How do I stop the Auto Adjustment in Progress pop up?

Yesterday an "Auto Adjustment in Progress" pop up started flashing on my screen stating I needed to change my resolution to 1680x1050. I did that but then the Auto Adjustment in Progress started popping up without the change the resolution line. It pops up in the middle of the screen every 5-10 minutes.

I looked for an answer to this problem and tried disconnecting the monitor cables and reconnecting them. Reset the Factory Settings on my monitor but the pop up continues to be a problem. I saw a download for a PC cleaner that supposedly helped a number of people but an uncertain to try it. From what I read it appears to be a monitor problem from what I read, although I'm not sure. I have Windows 8.1 and my monitor is an HP f2015.

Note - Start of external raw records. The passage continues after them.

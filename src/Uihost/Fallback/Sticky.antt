-- ===== src/Uihost/Fallback/Sticky.antt =====
-- The primary is left alone once the fallback is in use.
use clip_queue.Prelude.{
  ◌≡◌, refl, true, String, List, [], ◌∷◌, map, Option, some, Option-cases, inl, inr,
}
use clip_queue.Uihost.Fallback.{
  UiHost, FallbackUiHost, active, retry, settle, on_host, attempt, hide, hide_host, Call, show,
  toggle, focus, hide_it, perform, run,
}

-- The four operations that address the active host.
pub data WindowCall : Type 0 where
  show_window toggle_window focus_window hide_window : WindowCall

abbrev pub as_call : WindowCall → Call
as_call show_window = show
as_call toggle_window = toggle
as_call focus_window = focus
as_call hide_window = hide_it

module _ {W : Type 0} where
  -- The operation of one host alone.
  pub operate : WindowCall → UiHost W → W → Option String × W
  operate show_window host w = host.show w
  operate toggle_window host w = host.toggle w
  operate focus_window host w = host.focus w
  operate hide_window host w = host.hide w

  pub operate_all : List WindowCall → UiHost W → W → W
  operate_all [] host w = w
  operate_all (c ∷ calls) host w = operate_all calls host (operate c host w).1

  attempt_used :
      (op : UiHost W → W → Option String × W) (h : FallbackUiHost W) (f : UiHost W) (w : W)
      → h.use_fallback ≡ true
      → h.fallback ≡ some f
      → (attempt op h w).1 ≡ h × (attempt op h w).2 ≡ (op f w).1
  unfolding attempt on_host settle retry active
  attempt_used op h f w used hf = elim (Option-cases (op f w).0) [
    | inl fine ↦ rw (used, hf, fine) (refl, refl)
    | inr (e, failed) ↦ rw (used, hf, failed) (refl, refl)
  ]

  hide_used :
      (h : FallbackUiHost W) (f : UiHost W) (w : W)
      → h.use_fallback ≡ true
      → h.fallback ≡ some f
      → (hide h w).1 ≡ h × (hide h w).2 ≡ (f.hide w).1
  unfolding hide hide_host active
  hide_used h f w used hf = rw (used, hf) (refl, refl)

  perform_used :
      (c : WindowCall) (h : FallbackUiHost W) (f : UiHost W) (w : W)
      → h.use_fallback ≡ true
      → h.fallback ≡ some f
      → (perform (as_call c) h w).1 ≡ h × (perform (as_call c) h w).2 ≡ (operate c f w).1
  unfolding perform operate
  perform_used show_window h f w used hf = attempt_used (λ host. host.show) h f w used hf
  perform_used toggle_window h f w used hf = attempt_used (λ host. host.toggle) h f w used hf
  perform_used focus_window h f w used hf = attempt_used (λ host. host.focus) h f w used hf
  perform_used hide_window h f w used hf = hide_used h f w used hf

  -- Once the fallback is in use, showing, toggling, focusing and hiding in any order call the
  -- fallback alone: what happens outside is what its own operations do, the primary is not called
  -- again, and the fallback stays in use.
  pub run-operate_all :
      (calls : List WindowCall) (h : FallbackUiHost W) (f : UiHost W) (w : W)
      → h.use_fallback ≡ true
      → h.fallback ≡ some f
      → ((run (map as_call calls) h w).1 ≡ h)
        × ((run (map as_call calls) h w).2 ≡ operate_all calls f w)
  unfolding run operate_all
  run-operate_all [] h f w used hf = (refl, refl)
  run-operate_all (c ∷ calls) h f w used hf =
      let (same, moved) = perform_used c h f w used hf in
      rw (run, same, moved) (run-operate_all calls h f (operate c f w).1 used hf)
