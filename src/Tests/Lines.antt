-- ===== src/Tests/Lines.antt =====
-- The theorems on internal/parser and internal/uihost, applied to concrete inputs.
use clip_queue.Prelude.{
  ◌≡◌, ◌≢◌, refl, true, List, [], ◌∷◌, map, some, All, String, false, none, inl,
}
use clip_queue.Parser.{Pipeline, parse, to_string, is_quote, is_blank, is_special}
use clip_queue.Parser.Steps.{IsChain, parse-IsChain}
use clip_queue.Parser.Words.{pipe, is_plain}
use clip_queue.Parser.Words.Lines.{IsLine, parse-to_string}
use clip_queue.Uihost.Fallback
use clip_queue.Uihost.Fallback.Panics.{IsSafe, is_window_call, run-panicked}
use clip_queue.Uihost.Fallback.Sticky.{
  as_call, operate_all, show_window, hide_window, toggle_window, run-operate_all,
}

parse-IsChain_example : IsChain (parse (108 ∷ 115 ∷ 124 ∷ 119 ∷ 99 ∷ [])).steps
parse-IsChain_example = parse-IsChain (108 ∷ 115 ∷ 124 ∷ 119 ∷ 99 ∷ [])

-- `ls a | wc`
abbrev ls_wc : Pipeline
ls_wc = record {
  steps =
      record { command = 108 ∷ 115 ∷ []; args = (97 ∷ []) ∷ []; operator = 124 ∷ [] }
      ∷ record { command = 119 ∷ 99 ∷ []; args = []; operator = [] }
      ∷ [];
  original = [];
}

ls_wc-IsLine : IsLine ls_wc.steps
unfolding is_plain is_quote is_blank is_special
ls_wc-IsLine = (
  ((refl, (refl, (refl, tt))), ((refl, (refl, tt)), tt)),
  (pipe, refl),
  (((refl, (refl, (refl, tt))), tt), refl),
)

parse-to_string_example :
    parse (to_string ls_wc) ≡ record { steps = ls_wc.steps; original = to_string ls_wc }
parse-to_string_example = parse-to_string ls_wc ls_wc-IsLine

-- A host that always fails, and one that works; each call adds its name.
abbrev broken : Fallback.UiHost (List String)
broken = record {
  show = λ w. (some "no window", "broken" ∷ w);
  hide = λ w. (some "no window", "broken" ∷ w);
  toggle = λ w. (some "no window", "broken" ∷ w);
  focus = λ w. (some "no window", "broken" ∷ w);
  close = λ w. (some "no window", "broken" ∷ w);
  navigate = λ url w. (some "no window", "broken" ∷ w);
}

abbrev browser : Fallback.UiHost (List String)
browser = record {
  show = λ w. (none, "show" ∷ w);
  hide = λ w. (none, "hide" ∷ w);
  toggle = λ w. (none, "toggle" ∷ w);
  focus = λ w. (none, "focus" ∷ w);
  close = λ w. (none, "close" ∷ w);
  navigate = λ url w. (none, url ∷ w);
}

abbrev fresh : Fallback.FallbackUiHost (List String)
fresh = record { primary = some broken; fallback = some browser; use_fallback = false }

-- There is no fallback, and no call is Navigate.
abbrev three_calls : List Fallback.Call
three_calls = Fallback.show ∷ Fallback.hide_it ∷ Fallback.close_it ∷ []

three_calls-IsSafe : All (IsSafe {W = List String} none) three_calls
unfolding is_window_call
three_calls-IsSafe = (inl refl, (inl refl, (inl refl, tt)))

run-panicked_example :
    All
      (λ outcome. outcome ≢ Fallback.panicked)
      (Fallback.run three_calls (Fallback.new_fallback_ui_host (some broken) none) []).0
run-panicked_example = run-panicked broken none three_calls [] three_calls-IsSafe

abbrev switched : Fallback.FallbackUiHost (List String)
switched = record fresh { use_fallback = true }

run-operate_all_example :
    ((Fallback.run (map as_call (show_window ∷ toggle_window ∷ hide_window ∷ [])) switched []).1
      ≡ switched)
    × ((Fallback.run (map as_call (show_window ∷ toggle_window ∷ hide_window ∷ [])) switched []).2
        ≡ operate_all (show_window ∷ toggle_window ∷ hide_window ∷ []) browser [])
run-operate_all_example =
    run-operate_all (show_window ∷ toggle_window ∷ hide_window ∷ []) switched browser [] refl refl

Can someone help me stop this pop up?

Binkie


----------



## binkie99 (Mar 13, 2012)

I also tried the monitor on another computer and the Auto Adjustment in Progress message still pops up.


----------



## Corday (Mar 3, 2010)

Do not use a PC cleaner. Since you have Windows 8 run your HP Support Assistant. Help is there.


----------



## binkie99 (Mar 13, 2012)

Thanks for your answer, Corday.

I have a custom computer with an HP monitor and the HP support assistant does not work on my computer.


----------



## Corday (Mar 3, 2010)

If your Monitor Menu has "Image Control" deselect Auto Adjustment.


----------



## binkie99 (Mar 13, 2012)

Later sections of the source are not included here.